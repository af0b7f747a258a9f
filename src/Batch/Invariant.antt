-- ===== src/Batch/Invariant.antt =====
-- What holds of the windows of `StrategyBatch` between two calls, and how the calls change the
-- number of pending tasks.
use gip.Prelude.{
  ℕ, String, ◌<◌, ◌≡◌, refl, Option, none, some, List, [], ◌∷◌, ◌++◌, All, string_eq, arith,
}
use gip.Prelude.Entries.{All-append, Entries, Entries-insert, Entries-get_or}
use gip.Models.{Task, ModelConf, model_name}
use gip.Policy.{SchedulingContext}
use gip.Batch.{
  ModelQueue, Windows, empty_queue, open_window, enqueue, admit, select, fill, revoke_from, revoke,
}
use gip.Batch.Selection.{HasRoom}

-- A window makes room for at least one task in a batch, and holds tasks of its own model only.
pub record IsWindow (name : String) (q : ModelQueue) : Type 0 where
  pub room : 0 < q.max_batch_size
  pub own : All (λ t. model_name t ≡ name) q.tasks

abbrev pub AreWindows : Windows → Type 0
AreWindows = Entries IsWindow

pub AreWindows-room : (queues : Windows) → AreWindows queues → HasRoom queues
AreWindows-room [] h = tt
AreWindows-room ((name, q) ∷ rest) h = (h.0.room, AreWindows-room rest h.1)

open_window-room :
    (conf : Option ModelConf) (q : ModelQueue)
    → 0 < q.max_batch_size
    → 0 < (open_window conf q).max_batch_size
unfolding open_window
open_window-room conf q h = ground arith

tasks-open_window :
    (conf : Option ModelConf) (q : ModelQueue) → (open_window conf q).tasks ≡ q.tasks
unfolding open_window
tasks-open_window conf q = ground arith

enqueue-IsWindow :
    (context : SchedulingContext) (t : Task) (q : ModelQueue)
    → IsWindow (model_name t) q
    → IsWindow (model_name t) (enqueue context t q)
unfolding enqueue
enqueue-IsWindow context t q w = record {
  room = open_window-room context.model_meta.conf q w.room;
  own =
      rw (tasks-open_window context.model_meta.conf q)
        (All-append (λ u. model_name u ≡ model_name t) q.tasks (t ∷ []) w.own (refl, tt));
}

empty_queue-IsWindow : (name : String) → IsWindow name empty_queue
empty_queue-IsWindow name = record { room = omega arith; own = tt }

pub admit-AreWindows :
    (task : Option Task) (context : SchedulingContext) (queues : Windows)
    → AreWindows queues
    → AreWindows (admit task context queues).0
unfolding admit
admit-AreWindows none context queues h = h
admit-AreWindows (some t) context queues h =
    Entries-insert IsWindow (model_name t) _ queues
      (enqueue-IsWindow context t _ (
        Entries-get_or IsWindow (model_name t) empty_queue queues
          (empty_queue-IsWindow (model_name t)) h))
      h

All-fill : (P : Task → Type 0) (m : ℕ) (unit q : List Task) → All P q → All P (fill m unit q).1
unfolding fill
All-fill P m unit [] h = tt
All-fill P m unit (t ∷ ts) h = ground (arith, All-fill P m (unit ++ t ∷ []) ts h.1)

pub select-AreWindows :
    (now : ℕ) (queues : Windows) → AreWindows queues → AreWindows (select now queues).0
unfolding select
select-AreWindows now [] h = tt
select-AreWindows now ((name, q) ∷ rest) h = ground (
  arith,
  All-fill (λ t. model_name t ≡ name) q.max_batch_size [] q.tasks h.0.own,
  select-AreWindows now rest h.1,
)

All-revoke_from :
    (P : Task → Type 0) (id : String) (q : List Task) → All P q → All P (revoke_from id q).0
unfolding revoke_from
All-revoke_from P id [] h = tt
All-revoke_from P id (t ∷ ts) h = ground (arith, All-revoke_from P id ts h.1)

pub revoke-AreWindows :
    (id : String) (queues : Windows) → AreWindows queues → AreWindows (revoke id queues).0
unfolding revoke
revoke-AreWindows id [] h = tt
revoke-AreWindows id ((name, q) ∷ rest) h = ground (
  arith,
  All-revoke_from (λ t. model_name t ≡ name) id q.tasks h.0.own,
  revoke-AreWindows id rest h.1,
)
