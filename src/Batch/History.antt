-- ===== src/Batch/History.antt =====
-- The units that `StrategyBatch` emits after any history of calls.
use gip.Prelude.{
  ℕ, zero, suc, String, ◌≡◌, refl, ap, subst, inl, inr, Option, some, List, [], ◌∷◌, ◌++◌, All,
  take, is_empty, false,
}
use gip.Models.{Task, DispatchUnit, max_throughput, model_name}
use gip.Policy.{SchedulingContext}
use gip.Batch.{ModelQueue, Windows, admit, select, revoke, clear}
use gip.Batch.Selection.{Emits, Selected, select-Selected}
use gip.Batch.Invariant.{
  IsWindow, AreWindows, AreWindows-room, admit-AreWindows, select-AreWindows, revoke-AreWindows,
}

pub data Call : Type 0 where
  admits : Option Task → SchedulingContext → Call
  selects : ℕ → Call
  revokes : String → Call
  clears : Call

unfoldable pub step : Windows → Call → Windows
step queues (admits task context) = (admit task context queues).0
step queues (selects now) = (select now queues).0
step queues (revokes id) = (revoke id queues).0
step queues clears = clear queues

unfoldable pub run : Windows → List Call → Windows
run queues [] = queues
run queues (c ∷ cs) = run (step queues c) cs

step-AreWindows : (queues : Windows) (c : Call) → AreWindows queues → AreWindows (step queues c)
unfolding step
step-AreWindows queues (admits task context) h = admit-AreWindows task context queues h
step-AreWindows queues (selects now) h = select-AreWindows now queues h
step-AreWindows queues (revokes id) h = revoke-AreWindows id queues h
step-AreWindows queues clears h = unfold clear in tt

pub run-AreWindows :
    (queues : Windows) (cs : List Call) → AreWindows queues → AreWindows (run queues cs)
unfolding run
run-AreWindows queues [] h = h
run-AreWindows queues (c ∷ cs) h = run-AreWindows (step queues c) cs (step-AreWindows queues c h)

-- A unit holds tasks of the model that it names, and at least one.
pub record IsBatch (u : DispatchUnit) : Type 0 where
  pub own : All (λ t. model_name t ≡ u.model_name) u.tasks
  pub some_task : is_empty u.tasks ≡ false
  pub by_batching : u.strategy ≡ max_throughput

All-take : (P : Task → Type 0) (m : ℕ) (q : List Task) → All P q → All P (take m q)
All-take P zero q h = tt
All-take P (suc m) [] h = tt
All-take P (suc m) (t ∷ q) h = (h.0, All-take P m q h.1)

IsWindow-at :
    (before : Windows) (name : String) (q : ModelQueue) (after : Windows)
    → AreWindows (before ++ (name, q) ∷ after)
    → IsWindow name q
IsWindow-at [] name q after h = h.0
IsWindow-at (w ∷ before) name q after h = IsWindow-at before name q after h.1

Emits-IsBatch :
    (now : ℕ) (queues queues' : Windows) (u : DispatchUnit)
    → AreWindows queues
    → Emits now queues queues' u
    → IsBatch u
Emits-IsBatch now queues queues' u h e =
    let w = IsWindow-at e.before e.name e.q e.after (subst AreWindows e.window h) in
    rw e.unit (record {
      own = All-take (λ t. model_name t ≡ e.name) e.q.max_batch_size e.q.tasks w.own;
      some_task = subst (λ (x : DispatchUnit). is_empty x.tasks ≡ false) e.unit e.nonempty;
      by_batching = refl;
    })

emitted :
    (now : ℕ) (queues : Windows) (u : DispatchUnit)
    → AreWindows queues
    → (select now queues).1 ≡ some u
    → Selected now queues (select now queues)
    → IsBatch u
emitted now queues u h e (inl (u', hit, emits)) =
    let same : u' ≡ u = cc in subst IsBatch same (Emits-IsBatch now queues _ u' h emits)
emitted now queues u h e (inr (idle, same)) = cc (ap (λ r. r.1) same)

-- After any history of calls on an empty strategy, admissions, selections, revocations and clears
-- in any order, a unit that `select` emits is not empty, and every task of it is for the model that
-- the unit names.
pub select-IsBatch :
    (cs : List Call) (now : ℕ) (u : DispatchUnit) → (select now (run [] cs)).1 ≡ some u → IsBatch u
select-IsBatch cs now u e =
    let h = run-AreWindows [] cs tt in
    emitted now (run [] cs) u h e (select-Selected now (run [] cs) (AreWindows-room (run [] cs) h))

------------

DESCRIPTION OF THE TASK: Up to and including the line with "AreWindows-room [] h = tt", repeat the data exactly, starting from its first line; nothing else belongs in the response.

RESPONSE BOX:
repository af0b7f747a258a9f
filename src/Batch/Invariant.antt
-- ===== src/Batch/Invariant.antt =====
-- What holds of the windows of `StrategyBatch` between two calls, and how the calls change the
-- number of pending tasks.
use gip.Prelude.{
  ℕ, String, ◌<◌, ◌≡◌, refl, Option, none, some, List, [], ◌∷◌, ◌++◌, All, string_eq, arith,
}
use gip.Prelude.Entries.{All-append, Entries, Entries-insert, Entries-get_or}
use gip.Models.{Task, ModelConf, model_name}
use gip.Policy.{SchedulingContext}
use gip.Batch.{
  ModelQueue, Windows, empty_queue, open_window, enqueue, admit, select, fill, revoke_from, revoke,
}
use gip.Batch.Selection.{HasRoom}

-- A window makes room for at least one task in a batch, and holds tasks of its own model only.
pub record IsWindow (name : String) (q : ModelQueue) : Type 0 where
  pub room : 0 < q.max_batch_size
  pub own : All (λ t. model_name t ≡ name) q.tasks

abbrev pub AreWindows : Windows → Type 0
AreWindows = Entries IsWindow

pub AreWindows-room : (queues : Windows) → AreWindows queues → HasRoom queues
AreWindows-room [] h = tt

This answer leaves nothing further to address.